The OEM speaker spacers are much thinner than the 1/2" MDF. In order to make use of the stock mounting hardware, I needed to recess the mounting screw about halfway through. Out came the ol Forstner bits again. The Dremel was used to sand out that little notch.









Test fitted to the door. Stock speaker screws fit perfectly.









I'm very happy with how these came out. Any small gaps will be gone, as I will be using some deadener on the door, mostly around the speaker opening.









Next on my plate is to seal up and strengthen the rings with some resin, and cover in bed liner. Then finish mocking up the amp rack, seal it up, and figure out a good way to brace it (I have something in mind, thanks to another install log in a Z forum). That's all for tonight, hopefully more updates this weekend.


----------



## Mless5 (Aug 21, 2006)

Excellent work here, would love to see more! Keep it up.


----------



## 94VG30DE (Nov 28, 2007)

Tagged for reading when I get out from behind the corp. proxy. Love to see some Z33 action though!


----------



## Coppertone (Oct 4, 2011)

Bravo to a fellow NJ person, are you North, or South?


----------



## Mike1082 (Apr 8, 2011)

Coppertone said:


> Bravo to a fellow NJ person, are you North, or South?
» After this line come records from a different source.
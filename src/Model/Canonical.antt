-- ===== src/Model/Canonical.antt =====
-- crates/model/src/canonical.rs: the canonical form of JSON and the identifiers made from it.
-- `serde_json::to_value` and `to_vec`, and the digest of sha2 and hex, are parameters.
use wire_assume.Prelude.{
  Result, ok, ◌>>=◌, str_cmp, sort_by, BTreeMap, insert, ◌++ₛ◌, ℕ, Ordering, String, List, [], ◌∷◌,
}
use Prim.Native.String.{slice}
use wire_assume.Model.Json.{Value, array, object, Items, nil, cons, Fields, end, field}

unfoldable pub entries : Fields → List (String × Value)
entries end = []
entries (field k v fs) = (k, v) ∷ entries fs

unfoldable pub of_entries : List (String × Value) → Fields
of_entries [] = end
of_entries ((k, v) ∷ m) = field k v (of_entries m)

-- `Map::insert` of every entry in turn, into an empty map: a `BTreeMap`, without `preserve_order`.
unfoldable pub insert_all : List (String × Value) → BTreeMap Value → BTreeMap Value
insert_all [] m = m
insert_all ((k, v) ∷ es) m = insert_all es (insert k v m)

abbrev key_cmp : String × Value → String × Value → Ordering
key_cmp (a, _) (b, _) = str_cmp a b

unfoldable mutual
  pub sort_value : Value → Value
  sort_value (object fs) = object (of_entries (insert_all (sort_by key_cmp (sort_fields fs)) []))
  sort_value (array xs) = array (sort_items xs)
  sort_value scalar = scalar

  pub sort_items : Items → Items
  sort_items nil = nil
  sort_items (cons x xs) = cons (sort_value x) (sort_items xs)

  -- The entries with their values sorted; the sort by key does not look at the values.
  pub sort_fields : Fields → List (String × Value)
  sort_fields end = []
  sort_fields (field k v fs) = (k, sort_value v) ∷ sort_fields fs

-- What serde_json, sha2 and hex do. A digest in hexadecimal has 64 characters.
pub record Serde (E : Type 0) : Type 0 where
  pub to_vec : Value → Result E (List ℕ)
  pub sha256_hex : List ℕ → String

module _ {E T : Type 0} (serde : Serde E) (to_value : T → Result E Value) where
  unfoldable pub canonical_json : T → Result E (List ℕ)
  canonical_json t = do value ← to_value t; serde.to_vec (sort_value value)

  unfoldable pub stable_hash : T → Result E String
  unfolding canonical_json
  stable_hash t = do bytes ← canonical_json t; ok (serde.sha256_hex bytes)

  -- `format!("{prefix}_{}", &hash[..20])`
  unfoldable pub stable_id : String → T → Result E String
  unfolding stable_hash
  stable_id prefix t = do hash ← stable_hash t; ok (prefix ++ₛ "_" ++ₛ slice hash 0 20)
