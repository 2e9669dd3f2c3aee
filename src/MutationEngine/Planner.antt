-- ===== src/MutationEngine/Planner.antt =====
-- crates/mutation-engine/src/planner.rs: the choice of mutations under a budget. The mutators are
-- parameters: a function from the baseline and the seed for each.
pub mod Laws
use wire_assume.Prelude.{
  str_eq, length, take, filter, any, dedup_by, then_cmp, str_cmp, sort_by, ℕ, Ordering, String,
  Bool, true, false, not, ◌||◌, List, [], ◌∷◌, ◌++◌,
}
use wire_assume.Model.Json.{Value}
use wire_assume.MutationEngine.Mutation.{Mutation}
use wire_assume.MutationEngine.Kind.{MutationKind, kind_cmp, has_kind}

pub record PlannerConfig : Type 0 where
  pub budget : ℕ
  pub concurrency : ℕ
  pub seed : ℕ
  pub retry_limit : ℕ
  pub enabled : List MutationKind

pub record MutationPlan : Type 0 where
  pub seed : ℕ
  pub budget : ℕ
  pub generated : ℕ
  pub selected : List Mutation

-- `Default`
abbrev pub default_config : PlannerConfig
default_config = record { budget = 500; concurrency = 4; seed = 42; retry_limit = 1; enabled = [] }

abbrev pub Mutator : Type 0
Mutator = Value → ℕ → List Mutation

-- `mutators.iter().flat_map(|mutator| mutator.generate(baseline, config.seed))`
abbrev pub generate_all : List Mutator → Value → ℕ → List Mutation
generate_all [] baseline seed = []
generate_all (generate ∷ mutators) baseline seed =
    generate baseline seed ++ generate_all mutators baseline seed

abbrev pub no_kinds : List MutationKind → Bool
no_kinds [] = true
no_kinds (k ∷ ks) = false

abbrev pub is_enabled : PlannerConfig → Mutation → Bool
is_enabled config m = no_kinds config.enabled || has_kind config.enabled m.kind

abbrev pub is_untested : List String → Mutation → Bool
is_untested already_tested m = not (any (λ id. str_eq id m.id) already_tested)

-- The closure of `sort_by`.
abbrev pub plan_order : Mutation → Mutation → Ordering
plan_order a b =
    then_cmp (then_cmp (str_cmp a.path b.path) (kind_cmp a.kind b.kind)) (str_cmp a.id b.id)

-- `all` before it is truncated. `already_tested` is a `HashSet`, of which only `contains` is called.
unfoldable pub candidates : List Mutator → Value → PlannerConfig → List String → List Mutation
candidates mutators baseline config already_tested =
    dedup_by (λ (a b : Mutation). str_eq a.id b.id)
      (sort_by plan_order (
        filter (is_untested already_tested)
          (filter (is_enabled config) (generate_all mutators baseline config.seed))))

unfoldable pub plan : List Mutator → Value → PlannerConfig → List String → MutationPlan
unfolding candidates
plan mutators baseline config already_tested =
    let all = candidates mutators baseline config already_tested in
    record {
      seed = config.seed;
      budget = config.budget;
      generated = length all;
      selected = take config.budget all;
    }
I am a NY Giants fan, which means I live north of the Raritan River 
I'm in Passaic county.


----------



## Coppertone (Oct 4, 2011)

I'm in South Jersey not too far from Atlantic City. I was in that part of town earlier this year for business. We should meet up one day, kind of knock ideas off of each other.


----------



## quality_sound (Dec 25, 2005)

I'd leave the remote wire and lengthen the speaker wires on next to it. I like there to me more of a 90-ish degree angle but that's a personal preference.


----------



## Mike1082 (Apr 8, 2011)

Coppertone said:


> I'm in South Jersey not too far from Atlantic City. I was in that part of town earlier this year for business. We should meet up one day, kind of knock ideas off of each other.


Shoot me a PM when you are in the area again.



quality_sound said:


> I'd leave the remote wire and lengthen the speaker wires on next to it. I like there to me more of a 90-ish degree angle but that's a personal preference.


There IS someone out there more OCD than me 
Thanks for the suggestion, I will think about it.

Just got back from AutoZone during my lunch break. Picked up some bedliner spray for coating the rings, and 3M Molding Tape for mounting the X-overs in the doors. I also have a box of deadener burning a hole in the corner of my garage. The weather is supposed to be great this weekend, so I should have more updates and plenty more pics to come.


----------



## quality_sound (Dec 25, 2005)

Mike1082 said:


> There IS someone out there more OCD than me
> Thanks for the suggestion, I will think about it.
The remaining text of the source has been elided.